• Win32 debug heap assertion after reading a cached filter filter while

    From Rob Swindell@1:103/705 to GitLab issue in main/sbbs on Wednesday, March 11, 2026 20:24:58
    open https://gitlab.synchro.net/main/sbbs/-/issues/1099

    If a new (possibly just the first) TCP client connection comes into a server (any of Synchronet's TCP servers) while the server is already in the process of terminating, but waiting for child threads to terminate (i.e. at the top of its local `cleanup()` function), a Microsoft debug heap assertion may be thrown upon destruction of a filter/trashcan file object.
    ```
    free_dbg_nolock(void * const block, const int block_use) (debug_heap.cpp:996) _free_dbg(void * block, int block_use) (debug_heap.cpp:1030)
    free(void * block) (free.cpp:35)
    strListFreeStrings(char * * list) (str_list.c:634)
    strListFree(char * * * list) (str_list.c:640)
    filterFile::~filterFile() (/filterfile.hpp:42)
    [External Code] (Unknown Source:0)
    cleanup(int code) (/mailsrvr.cpp:6113)
    mail_server(void * arg) (/mailsrvr.cpp:6632)
    [External Code] (Unknown Source:0)
    [Frames below may be incorrect and/or missing, no symbols loaded for sbbsctrl.exe] (Unknown Source:0)
    ```

    The larger the configured "semaphore check frequency" and the more frequent incoming connections, the more easy it was to reproduce the issue. I could reproduce it on any/all of Synchronet's TCP servers, though I tended to use the mail server for testing experimental changes.
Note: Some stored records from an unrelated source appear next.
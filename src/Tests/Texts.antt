-- ===== src/Tests/Texts.antt =====
-- Concrete texts, forms and addresses.
use jetauth.Prelude.{
  Text, str, text_beq, All, leb, ok, refl, some, [], arith, ◌+◌, ◌*◌, ◌≡◌, ◌&&◌, ◌||◌, ◌∷◌, ◌++◌,
  text_eq, nat_eq,
}
use jetauth.Util.Utf8.{from_utf8_lossy}
use jetauth.Util.Percent.{url_decode, percent_encode}
use jetauth.Util.Percent.RoundTrip.{IsByte, url_decode-percent_encode}
use jetauth.Util.Query.{Form, check_no_duplicates}
use jetauth.Util.Html.{html_escape}
use jetauth.Util.Html.Escaped.{escape_each, html_escape-eq-escape_each}
use jetauth.Util.Script.{js_string_escape, quote}
use jetauth.Util.Script.Literal.{scan, body, scan-js_string_escape}
use jetauth.Util.Address.{v6, is_private_or_reserved_ip, is_loopback_or_unspecified}
use jetauth.Util.Address.Blocks.{in_blocks, reserved, AreOctets}
use jetauth.Util.Address.Ipv6.{is_mapped, is_private_or_reserved_ip-v6}

abbrev sample : Text
sample = str "a b&c"

sample-IsByte : All IsByte sample
sample-IsByte = ground arith

url_decode-percent_encode_example : url_decode (percent_encode sample) ≡ from_utf8_lossy sample
url_decode-percent_encode_example = url_decode-percent_encode sample sample-IsByte

abbrev form : Form
form = (str "code", str "c") ∷ (str "state", str "s") ∷ []

form_passes : check_no_duplicates form ≡ ok tt
unfolding check_no_duplicates jetauth.Prelude.text_beq
form_passes = refl

html_escape-eq-escape_each_example : html_escape (str "<b>&") ≡ escape_each (str "<b>&")
html_escape-eq-escape_each_example = html_escape-eq-escape_each (str "<b>&")

scan-js_string_escape_example :
    scan body (js_string_escape (str "';</script>") ++ quote ∷ str ";")
    ≡ some (str "';</script>", str ";")
scan-js_string_escape_example = scan-js_string_escape (str "';</script>") (str ";")

octets : AreOctets 192 168 1 1
octets = record {
  first = omega arith;
  second = omega arith;
  third = omega arith;
  fourth = omega arith;
}

-- ::ffff:192.168.1.1
is_private_or_reserved_ip-v6_example :
    is_private_or_reserved_ip (v6 0 0 0 0 0 0xffff 0xc0a8 0x0101) ≡ (
      is_loopback_or_unspecified 0 0 0 0 0 0xffff 0xc0a8 0x0101
      || (leb 0xfe80 0 && leb 0 0xfebf
          || (leb 0xfc00 0 && leb 0 0xfdff
              || (leb 0xff00 0
                  || is_mapped 0 0 0 0 0 0xffff && in_blocks (0xc0a8 * 65536 + 0x0101) reserved))))
is_private_or_reserved_ip-v6_example =
    is_private_or_reserved_ip-v6 0 0 0 0 0 0xffff 0xc0a8 0x0101 (omega arith) (omega arith)
      (omega arith)
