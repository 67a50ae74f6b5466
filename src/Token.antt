-- ===== src/Token.antt =====
-- oidc-gateway/src/token.rs: the token endpoint.
pub mod Types
pub mod Errors
pub mod Claims
pub mod Issue
pub mod Code
pub mod Rotation
pub mod ClientCredentials
pub mod Device
pub mod Revoke
pub mod Endpoint
pub mod Introspect
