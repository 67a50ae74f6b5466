-- ===== src/Totp/Uri.antt =====
-- The address behind the QR code: `otpauth_uri` of oidc-gateway/src/totp.rs, with a percent
-- encoding of its own.
use jetauth.Prelude.{
  Text, str, leb, Bool-cases, ℕ, refl, ap, inl, inr, Bool, [], ◌/◌, ◌%◌, ◌≡◌, ◌&&◌, ◌||◌, ◌∷◌, ◌++◌,
  ◌==◌, if◌then◌else◌, nat_eq,
}
use jetauth.Util.Percent.{hex_digit, is_unreserved}
use jetauth.Util.Percent as Util

abbrev is_plain : ℕ → Bool
is_plain b =
    leb b'A' b && leb b b'Z'
    || leb b'a' b && leb b b'z'
    || leb b'0' b && leb b b'9'
    || b == b'-'
    || b == b'_'
    || b == b'.'
    || b == b'~'

unfoldable pub percent_encode : Text → Text
percent_encode [] = []
percent_encode (b ∷ s) =
    let rest = percent_encode s in
    if is_plain b then b ∷ rest else b'%' ∷ hex_digit (b / 16) ∷ hex_digit (b % 16) ∷ rest

unfoldable pub otpauth_uri : (secret_b32 email issuer : Text) → Text
unfolding percent_encode
otpauth_uri secret_b32 email issuer =
    str "otpauth://totp/"
    ++ (percent_encode issuer
        ++ (b':'
            ∷ (percent_encode email
                ++ (str "?secret="
                    ++ (secret_b32
                        ++ (str "&issuer="
                            ++ (percent_encode issuer
                                ++ str "&algorithm=SHA1&digits=6&period=30")))))))

-- It is the encoding of util.rs.
pub percent_encode-agrees : (t : Text) → percent_encode t ≡ Util.percent_encode t
unfolding percent_encode Util.percent_encode Util.encode_byte is_unreserved
percent_encode-agrees [] = refl
percent_encode-agrees (b ∷ t) = elim (Bool-cases (is_plain b)) [
  | inl plain ↦ rw plain (ap (λ r. b ∷ r) (percent_encode-agrees t))
  | inr other ↦
      rw other
        (ap (λ r. b'%' ∷ hex_digit (b / 16) ∷ hex_digit (b % 16) ∷ r) (percent_encode-agrees t))
]
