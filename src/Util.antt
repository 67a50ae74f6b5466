-- ===== src/Util.antt =====
-- oidc-gateway/src/util.rs
pub mod Utf8
pub mod Percent
pub mod Query
pub mod Redirect
pub mod Html
pub mod Script
pub mod Address
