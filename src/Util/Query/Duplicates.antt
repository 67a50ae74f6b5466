-- ===== src/Util/Query/Duplicates.antt =====
-- What `check_no_duplicates` decides, and what the lookups then mean.
use jetauth.Prelude.{
  Text, text_beq_iff, All, contains, Bool-cases, ok, refl, ap, inl, inr, false, Option, none, some,
  List, [], arith, ◌≡◌, ◌≢◌, ◌↔◌, ◌∷◌, ◌==◌, text_eq,
}
use jetauth.Util.Query.{Form, form_value, form_values, check_seen, check_no_duplicates}

-- No key stands twice.
abbrev pub Distinct : Form → Type 0
Distinct [] = Unit
Distinct ((k, _) ∷ form) = All (λ (q : Text × Text). q.0 ≢ k) form × Distinct form

-- No key of the form is among the ones seen.
abbrev Fresh : List Text → Form → Type 0
Fresh seen form = All (λ (q : Text × Text). contains seen q.0 ≡ false) form

Fresh-cons :
    (k : Text) (seen : List Text) (form : Form)
    → All (λ (q : Text × Text). q.0 ≢ k) form
    → Fresh seen form
    → Fresh (k ∷ seen) form
unfolding contains
Fresh-cons k seen [] h f = tt
Fresh-cons k seen ((j, v) ∷ form) (n, h) (f, fs) =
    (ground (arith, text_beq_iff k j), Fresh-cons k seen form h fs)

Fresh-cons_inv :
    (k : Text) (seen : List Text) (form : Form)
    → Fresh (k ∷ seen) form
    → All (λ (q : Text × Text). q.0 ≢ k) form × Fresh seen form
unfolding contains
Fresh-cons_inv k seen [] f = (tt, tt)
Fresh-cons_inv k seen ((j, v) ∷ form) (f, fs) =
    let (n, h) = Fresh-cons_inv k seen form fs in
    ((ground (arith, text_beq_iff k j), n), (ground arith, h))

check_seen_sound :
    (seen : List Text) (form : Form)
    → check_seen seen form ≡ ok tt
    → Distinct form × Fresh seen form
unfolding check_seen
check_seen_sound seen [] h = (tt, tt)
check_seen_sound seen ((k, v) ∷ form) h = elim (Bool-cases (contains seen k)) [
  | inl old ↦ ground arith
  | inr new ↦
      let (d, f) = check_seen_sound (k ∷ seen) form (ground arith) in
      let (n, g) = Fresh-cons_inv k seen form f in ((n, d), (new, g))
]

check_seen_complete :
    (seen : List Text) (form : Form)
    → Distinct form
    → Fresh seen form
    → check_seen seen form ≡ ok tt
unfolding check_seen
check_seen_complete seen [] d f = refl
check_seen_complete seen ((k, v) ∷ form) (n, d) (f, fs) =
    rw f (check_seen_complete (k ∷ seen) form d (Fresh-cons k seen form n fs))

Fresh-nil : (form : Form) → Fresh [] form
unfolding contains
Fresh-nil [] = tt
Fresh-nil (_ ∷ form) = (refl, Fresh-nil form)

-- A form passes exactly when no key stands in it twice.
pub check_no_duplicates_iff : (form : Form) → (check_no_duplicates form ≡ ok tt) ↔ Distinct form
unfolding check_no_duplicates
check_no_duplicates_iff form =
    (λ h. (check_seen_sound [] form h).0, λ d. check_seen_complete [] form d (Fresh-nil form))

form_values_of_absent :
    (form : Form) (k : Text) → All (λ (q : Text × Text). q.0 ≢ k) form → form_values form k ≡ []
unfolding form_values
form_values_of_absent [] k h = refl
form_values_of_absent ((j, v) ∷ form) k (n, h) =
    ground (arith, text_beq_iff j k, form_values_of_absent form k h)

abbrev pub as_list : Option Text → List Text
as_list none = []
as_list (some v) = v ∷ []

form_values-of_Distinct :
    (form : Form) (k : Text) → Distinct form → form_values form k ≡ as_list (form_value form k)
unfolding form_values form_value
form_values-of_Distinct [] k d = refl
form_values-of_Distinct ((j, v) ∷ form) k (n, d) = elim (Bool-cases (j == k)) [
  | inl same ↦
      let e : j ≡ k = (text_beq_iff j k).0 same in
      rw same (ap (λ t. v ∷ t) (form_values_of_absent form k (rw e at n)))
  | inr other ↦ rw other (form_values-of_Distinct form k d)
]

-- In a form that passes, the first value of a key is its only one: the reader that takes the first
-- and a reader that takes all agree.
pub form_values-eq-form_value :
    (form : Form) (k : Text)
    → check_no_duplicates form ≡ ok tt
    → form_values form k ≡ as_list (form_value form k)
form_values-eq-form_value form k h =
    form_values-of_Distinct form k ((check_no_duplicates_iff form).0 h)
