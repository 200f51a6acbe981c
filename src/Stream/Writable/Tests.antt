-- ===== src/Stream/Writable/Tests.antt =====
-- A sink object that is written to after its end, and a file that is full after three bytes.
use rong.Base.{
  ◌≡◌, refl, true, false, Option, none, some, [], ◌∷◌, ◌++◌, length, leb, if◌then◌else◌, codes,
}
use rong.Text.{Text}
use rong.Stream.{Bytes}
use rong.Stream.Controller.{Chunk, typed_array, bytes_of}
use rong.Stream.Writable.{
  wrote, closed_sink, Sink, failed, WritableStreamDefaultWriter, stream_error, not_acquired, fine,
  fails, write, close,
}
use rong.Stream.Writable.Sinks.{closed_writer, write-close}
use rong.Stream.Writable.Task.{to_async_writer, first_failure}

abbrev sink : Sink
sink = record { has_write = true; has_close = true; has_abort = false; calls = [] }

abbrev chunk : Chunk
chunk = typed_array (1 ∷ [])

write-close_example :
    ((write none none chunk
        (close none (record { tx = none; done_rx = none; sink_obj = none })).1).0
      ≡ fails not_acquired)
    × (write none none chunk (closed_writer sink) ≡ (
      fine,
      record {
        tx = none;
        done_rx = none;
        sink_obj = some (record sink { calls = closed_sink ∷ wrote chunk ∷ [] });
      },
    ))
unfolding bytes_of
write-close_example = write-close none none none chunk sink refl refl

abbrev writer : WritableStreamDefaultWriter
writer = record { tx = none; done_rx = none; sink_obj = some sink }

-- A file with room for three bytes.
abbrev write_all : Bytes → Bytes → Option Text × Bytes
write_all bytes file =
    if leb (length (file ++ bytes)) 3 then (none, file ++ bytes) else (some (codes "full"), file)

abbrev flush : Bytes → Option Text × Bytes
flush file = (none, file)

first_failure_example :
    (to_async_writer write_all flush ((1 ∷ []) ∷ (2 ∷ 3 ∷ 4 ∷ []) ∷ (5 ∷ []) ∷ []) []
      ≡ record { writer = 1 ∷ []; done_tx = failed (codes "full"); err_slot = some (codes "full") })
    × ((write
          (to_async_writer write_all flush
            ((1 ∷ []) ∷ (2 ∷ 3 ∷ 4 ∷ []) ∷ (5 ∷ []) ∷ [])
            []).err_slot
          none
          chunk
          writer).0
        ≡ fails (stream_error (codes "full")))
first_failure_example =
    first_failure write_all flush ((1 ∷ []) ∷ []) ((5 ∷ []) ∷ []) (2 ∷ 3 ∷ 4 ∷ []) [] (codes "full")
      none chunk writer (refl, tt) refl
    The issue has never been seen/reproduced in Win32-release builds or non-Windows builds.

    Here's an fruitful Gemini discussion about the issue: https://gemini.google.com/share/aac98154728e

    Deuce had Claude take a look at the issue and provided a couple commits that did not resolve the issue:

    - commit 2fb010d6c3f20027e8b54d2a925e837b52314ea2
    - commit 61695ba1a683ef1a7a50223c5ca72d06df50ed9e

    Although the issue looks and smells like heap corruption, running sbbs.exe or sbbsctrl.exe under Microsoft's Application Verifier didn't find any heap corruption (with heap page "full" verification enabled), even when the assertion/exception occurred.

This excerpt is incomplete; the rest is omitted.